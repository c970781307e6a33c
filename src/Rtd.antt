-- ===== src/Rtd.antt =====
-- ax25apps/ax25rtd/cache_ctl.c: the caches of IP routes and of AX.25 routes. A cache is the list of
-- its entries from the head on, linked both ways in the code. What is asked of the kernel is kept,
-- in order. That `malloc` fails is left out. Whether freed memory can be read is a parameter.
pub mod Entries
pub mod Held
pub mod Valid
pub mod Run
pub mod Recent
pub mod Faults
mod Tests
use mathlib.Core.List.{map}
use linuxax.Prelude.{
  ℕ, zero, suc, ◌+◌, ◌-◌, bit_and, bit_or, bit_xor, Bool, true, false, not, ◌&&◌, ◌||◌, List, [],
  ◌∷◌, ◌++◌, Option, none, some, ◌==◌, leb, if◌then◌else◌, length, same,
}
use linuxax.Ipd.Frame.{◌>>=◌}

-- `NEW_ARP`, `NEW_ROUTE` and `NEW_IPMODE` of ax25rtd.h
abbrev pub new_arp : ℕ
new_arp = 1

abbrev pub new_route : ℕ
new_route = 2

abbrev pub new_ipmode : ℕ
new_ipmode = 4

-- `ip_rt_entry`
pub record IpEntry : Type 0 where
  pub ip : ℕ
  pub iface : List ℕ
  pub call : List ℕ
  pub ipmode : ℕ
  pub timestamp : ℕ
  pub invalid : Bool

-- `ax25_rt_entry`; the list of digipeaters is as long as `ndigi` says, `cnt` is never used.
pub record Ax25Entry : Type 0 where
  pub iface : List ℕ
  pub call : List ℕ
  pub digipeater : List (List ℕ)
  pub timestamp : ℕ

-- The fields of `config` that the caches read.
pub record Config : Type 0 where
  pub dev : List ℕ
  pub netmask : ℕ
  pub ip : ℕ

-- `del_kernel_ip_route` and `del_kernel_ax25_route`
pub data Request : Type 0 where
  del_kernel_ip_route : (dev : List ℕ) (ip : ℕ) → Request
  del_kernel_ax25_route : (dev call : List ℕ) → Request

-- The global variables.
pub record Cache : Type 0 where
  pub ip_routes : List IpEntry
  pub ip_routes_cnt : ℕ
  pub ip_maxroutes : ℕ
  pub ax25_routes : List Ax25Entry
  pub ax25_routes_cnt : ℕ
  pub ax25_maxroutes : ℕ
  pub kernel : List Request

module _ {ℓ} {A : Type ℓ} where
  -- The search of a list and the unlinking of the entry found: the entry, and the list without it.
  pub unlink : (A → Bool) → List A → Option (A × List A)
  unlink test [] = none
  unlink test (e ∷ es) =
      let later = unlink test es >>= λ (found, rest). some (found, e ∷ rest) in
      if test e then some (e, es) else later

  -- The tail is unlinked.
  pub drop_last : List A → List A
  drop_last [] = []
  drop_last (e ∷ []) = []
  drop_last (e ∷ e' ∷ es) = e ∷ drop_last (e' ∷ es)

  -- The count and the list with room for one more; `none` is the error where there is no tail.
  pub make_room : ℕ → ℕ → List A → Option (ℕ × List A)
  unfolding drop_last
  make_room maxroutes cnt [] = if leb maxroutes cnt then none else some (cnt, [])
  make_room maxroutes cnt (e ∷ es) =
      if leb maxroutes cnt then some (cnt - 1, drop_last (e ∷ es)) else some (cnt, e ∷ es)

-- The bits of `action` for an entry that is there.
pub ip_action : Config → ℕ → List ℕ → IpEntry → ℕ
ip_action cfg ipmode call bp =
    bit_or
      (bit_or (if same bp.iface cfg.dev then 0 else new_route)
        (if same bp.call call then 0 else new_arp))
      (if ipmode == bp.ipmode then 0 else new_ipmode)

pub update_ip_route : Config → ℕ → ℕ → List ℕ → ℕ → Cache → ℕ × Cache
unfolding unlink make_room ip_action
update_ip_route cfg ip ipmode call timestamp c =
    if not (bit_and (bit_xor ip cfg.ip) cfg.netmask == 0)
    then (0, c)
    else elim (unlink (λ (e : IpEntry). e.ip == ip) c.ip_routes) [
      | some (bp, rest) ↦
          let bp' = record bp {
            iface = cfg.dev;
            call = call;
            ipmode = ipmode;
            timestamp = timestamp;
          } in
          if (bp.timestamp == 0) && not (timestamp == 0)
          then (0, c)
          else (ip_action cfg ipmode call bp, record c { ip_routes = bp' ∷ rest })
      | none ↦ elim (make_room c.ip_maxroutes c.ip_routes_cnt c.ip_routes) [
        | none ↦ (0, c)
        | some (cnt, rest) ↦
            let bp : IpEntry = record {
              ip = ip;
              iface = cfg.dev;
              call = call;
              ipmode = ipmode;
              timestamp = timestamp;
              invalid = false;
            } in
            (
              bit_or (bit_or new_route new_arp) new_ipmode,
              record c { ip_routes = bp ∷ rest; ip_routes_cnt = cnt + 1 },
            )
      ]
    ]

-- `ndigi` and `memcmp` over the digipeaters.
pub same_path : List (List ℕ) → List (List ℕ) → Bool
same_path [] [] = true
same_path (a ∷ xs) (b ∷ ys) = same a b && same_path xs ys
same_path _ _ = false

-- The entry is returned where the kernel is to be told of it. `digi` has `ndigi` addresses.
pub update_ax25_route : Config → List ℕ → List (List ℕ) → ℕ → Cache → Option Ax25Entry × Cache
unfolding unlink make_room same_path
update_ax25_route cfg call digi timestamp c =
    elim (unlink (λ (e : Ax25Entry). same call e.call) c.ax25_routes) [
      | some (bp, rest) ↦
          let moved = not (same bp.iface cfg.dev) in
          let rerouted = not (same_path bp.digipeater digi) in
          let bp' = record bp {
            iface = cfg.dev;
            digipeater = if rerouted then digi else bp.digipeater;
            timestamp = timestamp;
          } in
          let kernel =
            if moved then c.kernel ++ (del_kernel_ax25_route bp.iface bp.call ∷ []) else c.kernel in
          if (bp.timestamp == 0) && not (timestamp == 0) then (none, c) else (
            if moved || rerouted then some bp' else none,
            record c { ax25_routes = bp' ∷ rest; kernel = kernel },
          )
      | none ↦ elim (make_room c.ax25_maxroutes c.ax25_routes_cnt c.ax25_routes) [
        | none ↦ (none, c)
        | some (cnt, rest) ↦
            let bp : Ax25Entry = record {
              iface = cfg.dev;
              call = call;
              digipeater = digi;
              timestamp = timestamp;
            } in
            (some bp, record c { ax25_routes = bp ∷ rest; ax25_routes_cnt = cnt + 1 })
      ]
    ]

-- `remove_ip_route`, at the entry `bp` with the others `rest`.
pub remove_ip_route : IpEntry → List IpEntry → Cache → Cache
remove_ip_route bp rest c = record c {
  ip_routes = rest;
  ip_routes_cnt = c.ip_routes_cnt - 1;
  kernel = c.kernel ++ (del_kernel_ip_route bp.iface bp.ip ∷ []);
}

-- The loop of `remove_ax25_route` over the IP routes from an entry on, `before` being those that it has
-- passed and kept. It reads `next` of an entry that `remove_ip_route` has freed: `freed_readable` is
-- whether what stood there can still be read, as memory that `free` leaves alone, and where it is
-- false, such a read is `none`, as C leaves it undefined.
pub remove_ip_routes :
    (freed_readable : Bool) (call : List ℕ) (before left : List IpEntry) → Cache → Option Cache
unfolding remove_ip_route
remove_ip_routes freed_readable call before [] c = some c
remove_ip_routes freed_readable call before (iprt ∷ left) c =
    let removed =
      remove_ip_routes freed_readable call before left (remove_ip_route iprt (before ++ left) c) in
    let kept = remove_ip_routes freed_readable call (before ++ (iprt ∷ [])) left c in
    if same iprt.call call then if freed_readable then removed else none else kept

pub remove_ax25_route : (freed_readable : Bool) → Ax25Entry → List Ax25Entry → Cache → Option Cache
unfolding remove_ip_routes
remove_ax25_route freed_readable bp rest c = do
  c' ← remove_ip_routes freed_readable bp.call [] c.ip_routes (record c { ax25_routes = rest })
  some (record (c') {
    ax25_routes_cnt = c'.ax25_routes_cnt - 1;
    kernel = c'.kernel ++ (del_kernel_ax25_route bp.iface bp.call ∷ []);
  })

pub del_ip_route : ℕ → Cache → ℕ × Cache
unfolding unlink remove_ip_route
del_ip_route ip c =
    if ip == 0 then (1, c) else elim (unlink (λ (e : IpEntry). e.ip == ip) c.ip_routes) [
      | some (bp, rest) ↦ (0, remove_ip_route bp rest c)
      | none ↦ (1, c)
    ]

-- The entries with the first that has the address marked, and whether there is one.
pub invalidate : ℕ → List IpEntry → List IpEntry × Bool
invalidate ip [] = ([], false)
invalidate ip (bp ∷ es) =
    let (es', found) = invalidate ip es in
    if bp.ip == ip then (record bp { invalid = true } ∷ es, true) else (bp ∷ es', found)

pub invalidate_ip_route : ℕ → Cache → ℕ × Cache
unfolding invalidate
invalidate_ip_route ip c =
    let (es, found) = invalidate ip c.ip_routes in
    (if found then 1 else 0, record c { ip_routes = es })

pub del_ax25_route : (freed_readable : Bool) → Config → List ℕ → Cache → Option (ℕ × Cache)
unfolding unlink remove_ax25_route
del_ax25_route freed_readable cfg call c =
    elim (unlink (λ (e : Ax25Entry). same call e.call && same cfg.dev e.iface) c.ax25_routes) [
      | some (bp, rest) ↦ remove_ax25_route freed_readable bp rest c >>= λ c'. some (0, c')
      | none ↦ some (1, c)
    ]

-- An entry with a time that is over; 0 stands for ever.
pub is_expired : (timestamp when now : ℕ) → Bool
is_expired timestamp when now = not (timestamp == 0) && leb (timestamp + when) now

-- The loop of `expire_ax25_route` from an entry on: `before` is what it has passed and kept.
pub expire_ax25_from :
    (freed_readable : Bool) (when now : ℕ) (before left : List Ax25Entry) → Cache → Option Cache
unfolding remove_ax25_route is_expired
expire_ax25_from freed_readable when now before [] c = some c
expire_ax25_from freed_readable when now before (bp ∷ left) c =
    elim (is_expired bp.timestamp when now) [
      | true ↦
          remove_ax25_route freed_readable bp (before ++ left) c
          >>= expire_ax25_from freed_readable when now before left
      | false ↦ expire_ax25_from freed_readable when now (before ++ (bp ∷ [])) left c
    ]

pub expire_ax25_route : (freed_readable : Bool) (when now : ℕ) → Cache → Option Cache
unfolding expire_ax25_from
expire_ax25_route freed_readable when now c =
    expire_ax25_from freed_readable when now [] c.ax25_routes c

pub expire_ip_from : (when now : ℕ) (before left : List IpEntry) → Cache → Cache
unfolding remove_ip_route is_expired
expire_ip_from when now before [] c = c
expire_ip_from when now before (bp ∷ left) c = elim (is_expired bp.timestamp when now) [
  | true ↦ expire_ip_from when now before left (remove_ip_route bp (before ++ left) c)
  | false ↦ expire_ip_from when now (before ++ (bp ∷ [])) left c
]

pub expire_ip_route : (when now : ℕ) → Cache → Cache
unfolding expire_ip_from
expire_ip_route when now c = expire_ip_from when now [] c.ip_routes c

==

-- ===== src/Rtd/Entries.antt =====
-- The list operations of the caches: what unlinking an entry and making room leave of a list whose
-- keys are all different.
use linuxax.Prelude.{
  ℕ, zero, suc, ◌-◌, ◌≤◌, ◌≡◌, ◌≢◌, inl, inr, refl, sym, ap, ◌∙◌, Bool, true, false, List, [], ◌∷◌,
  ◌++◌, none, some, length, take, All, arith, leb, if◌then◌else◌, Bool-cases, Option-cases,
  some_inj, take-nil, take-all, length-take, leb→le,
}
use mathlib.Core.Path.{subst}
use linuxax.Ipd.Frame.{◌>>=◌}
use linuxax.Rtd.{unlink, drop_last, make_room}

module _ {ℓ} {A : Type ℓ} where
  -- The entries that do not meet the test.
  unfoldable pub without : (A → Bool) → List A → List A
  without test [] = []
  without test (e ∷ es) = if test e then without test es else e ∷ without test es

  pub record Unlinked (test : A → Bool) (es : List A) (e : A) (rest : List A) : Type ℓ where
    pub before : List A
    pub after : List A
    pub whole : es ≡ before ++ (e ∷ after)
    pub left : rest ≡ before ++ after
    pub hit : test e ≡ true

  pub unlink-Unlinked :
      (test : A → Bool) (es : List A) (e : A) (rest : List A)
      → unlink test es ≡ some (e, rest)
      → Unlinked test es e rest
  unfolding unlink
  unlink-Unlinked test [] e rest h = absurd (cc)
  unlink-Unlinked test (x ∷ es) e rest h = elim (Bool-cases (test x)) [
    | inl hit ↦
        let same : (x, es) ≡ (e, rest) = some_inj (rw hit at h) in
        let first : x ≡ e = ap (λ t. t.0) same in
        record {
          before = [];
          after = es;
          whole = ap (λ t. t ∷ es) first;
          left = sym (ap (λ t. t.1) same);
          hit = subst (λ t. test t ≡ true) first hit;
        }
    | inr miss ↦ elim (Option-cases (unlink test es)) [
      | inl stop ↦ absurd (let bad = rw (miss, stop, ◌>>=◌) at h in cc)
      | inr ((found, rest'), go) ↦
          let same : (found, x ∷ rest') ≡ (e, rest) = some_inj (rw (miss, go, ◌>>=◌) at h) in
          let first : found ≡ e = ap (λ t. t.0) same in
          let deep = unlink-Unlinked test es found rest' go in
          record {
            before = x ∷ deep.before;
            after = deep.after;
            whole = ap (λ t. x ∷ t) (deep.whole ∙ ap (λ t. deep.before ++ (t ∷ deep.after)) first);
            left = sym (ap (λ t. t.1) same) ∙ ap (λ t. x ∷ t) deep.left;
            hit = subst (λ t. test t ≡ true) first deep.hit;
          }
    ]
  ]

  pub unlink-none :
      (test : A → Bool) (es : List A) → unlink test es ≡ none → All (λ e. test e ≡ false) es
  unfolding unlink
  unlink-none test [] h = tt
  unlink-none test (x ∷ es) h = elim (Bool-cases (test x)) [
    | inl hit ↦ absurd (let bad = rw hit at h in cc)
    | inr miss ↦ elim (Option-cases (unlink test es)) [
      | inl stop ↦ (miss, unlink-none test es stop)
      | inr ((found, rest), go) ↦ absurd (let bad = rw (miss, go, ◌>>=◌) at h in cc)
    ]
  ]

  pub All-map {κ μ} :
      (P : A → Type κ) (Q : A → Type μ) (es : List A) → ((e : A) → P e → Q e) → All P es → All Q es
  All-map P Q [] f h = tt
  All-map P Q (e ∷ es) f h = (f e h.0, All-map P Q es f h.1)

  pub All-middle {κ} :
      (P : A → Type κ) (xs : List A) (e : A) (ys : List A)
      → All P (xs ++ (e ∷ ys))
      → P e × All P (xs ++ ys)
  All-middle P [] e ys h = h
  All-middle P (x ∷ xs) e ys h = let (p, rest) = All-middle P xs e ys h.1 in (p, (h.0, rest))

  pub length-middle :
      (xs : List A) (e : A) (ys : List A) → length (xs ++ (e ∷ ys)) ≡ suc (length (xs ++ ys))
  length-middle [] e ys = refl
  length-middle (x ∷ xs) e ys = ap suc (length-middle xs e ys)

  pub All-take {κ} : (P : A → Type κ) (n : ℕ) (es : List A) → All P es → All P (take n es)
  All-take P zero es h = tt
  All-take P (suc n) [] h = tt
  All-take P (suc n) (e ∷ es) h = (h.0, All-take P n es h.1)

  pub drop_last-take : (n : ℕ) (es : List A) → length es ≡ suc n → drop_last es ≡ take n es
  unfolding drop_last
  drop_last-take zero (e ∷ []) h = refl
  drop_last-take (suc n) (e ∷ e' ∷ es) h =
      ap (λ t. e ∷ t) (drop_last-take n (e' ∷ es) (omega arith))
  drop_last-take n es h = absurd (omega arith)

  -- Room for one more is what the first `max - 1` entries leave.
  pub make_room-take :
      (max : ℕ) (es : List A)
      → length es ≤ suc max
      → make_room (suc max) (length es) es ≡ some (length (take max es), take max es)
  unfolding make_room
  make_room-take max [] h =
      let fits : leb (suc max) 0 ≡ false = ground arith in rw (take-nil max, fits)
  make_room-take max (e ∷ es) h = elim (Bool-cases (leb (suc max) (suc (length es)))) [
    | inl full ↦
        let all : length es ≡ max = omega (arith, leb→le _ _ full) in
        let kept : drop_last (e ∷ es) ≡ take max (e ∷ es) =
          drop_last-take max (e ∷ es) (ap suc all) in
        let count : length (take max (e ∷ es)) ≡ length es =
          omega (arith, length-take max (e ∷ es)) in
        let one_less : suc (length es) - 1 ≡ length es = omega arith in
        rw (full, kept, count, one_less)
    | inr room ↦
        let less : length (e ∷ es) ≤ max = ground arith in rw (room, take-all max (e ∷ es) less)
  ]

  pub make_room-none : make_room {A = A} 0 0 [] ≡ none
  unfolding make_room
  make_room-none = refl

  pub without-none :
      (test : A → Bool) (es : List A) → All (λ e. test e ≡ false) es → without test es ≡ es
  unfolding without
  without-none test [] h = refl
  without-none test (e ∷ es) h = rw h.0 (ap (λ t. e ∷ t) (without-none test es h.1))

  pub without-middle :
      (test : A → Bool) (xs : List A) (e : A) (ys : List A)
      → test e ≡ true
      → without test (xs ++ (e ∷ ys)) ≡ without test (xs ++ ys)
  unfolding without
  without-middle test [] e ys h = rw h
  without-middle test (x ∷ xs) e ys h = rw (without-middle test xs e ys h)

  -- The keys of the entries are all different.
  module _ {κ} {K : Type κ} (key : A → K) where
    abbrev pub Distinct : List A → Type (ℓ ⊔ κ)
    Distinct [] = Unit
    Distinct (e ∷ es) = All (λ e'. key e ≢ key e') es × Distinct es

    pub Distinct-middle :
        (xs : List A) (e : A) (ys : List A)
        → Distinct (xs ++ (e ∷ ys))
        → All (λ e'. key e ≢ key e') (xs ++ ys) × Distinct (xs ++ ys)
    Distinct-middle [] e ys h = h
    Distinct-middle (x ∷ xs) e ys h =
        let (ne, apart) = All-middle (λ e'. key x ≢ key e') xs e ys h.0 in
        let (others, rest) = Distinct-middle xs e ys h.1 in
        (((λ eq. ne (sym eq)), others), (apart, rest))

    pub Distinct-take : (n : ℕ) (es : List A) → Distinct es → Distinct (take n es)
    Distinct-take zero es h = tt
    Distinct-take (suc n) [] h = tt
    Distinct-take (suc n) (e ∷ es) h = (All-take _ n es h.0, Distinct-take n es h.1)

**EXERCISE REQUIREMENTS**
From the entries above, write out only the lines starting at the line that holds "length-middle (x ∷" and ending at the line that holds "drop_last-take n es", keeping both and matching them exactly.

**ANSWER BOX**
  length-middle (x ∷ xs) e ys = ap suc (length-middle xs e ys)

  pub All-take {κ} : (P : A → Type κ) (n : ℕ) (es : List A) → All P es → All P (take n es)
  All-take P zero es h = tt
  All-take P (suc n) [] h = tt
  All-take P (suc n) (e ∷ es) h = (h.0, All-take P n es h.1)

  pub drop_last-take : (n : ℕ) (es : List A) → length es ≡ suc n → drop_last es ≡ take n es
  unfolding drop_last
  drop_last-take zero (e ∷ []) h = refl
  drop_last-take (suc n) (e ∷ e' ∷ es) h =
      ap (λ t. e ∷ t) (drop_last-take n (e' ∷ es) (omega arith))
  drop_last-take n es h = absurd (omega arith)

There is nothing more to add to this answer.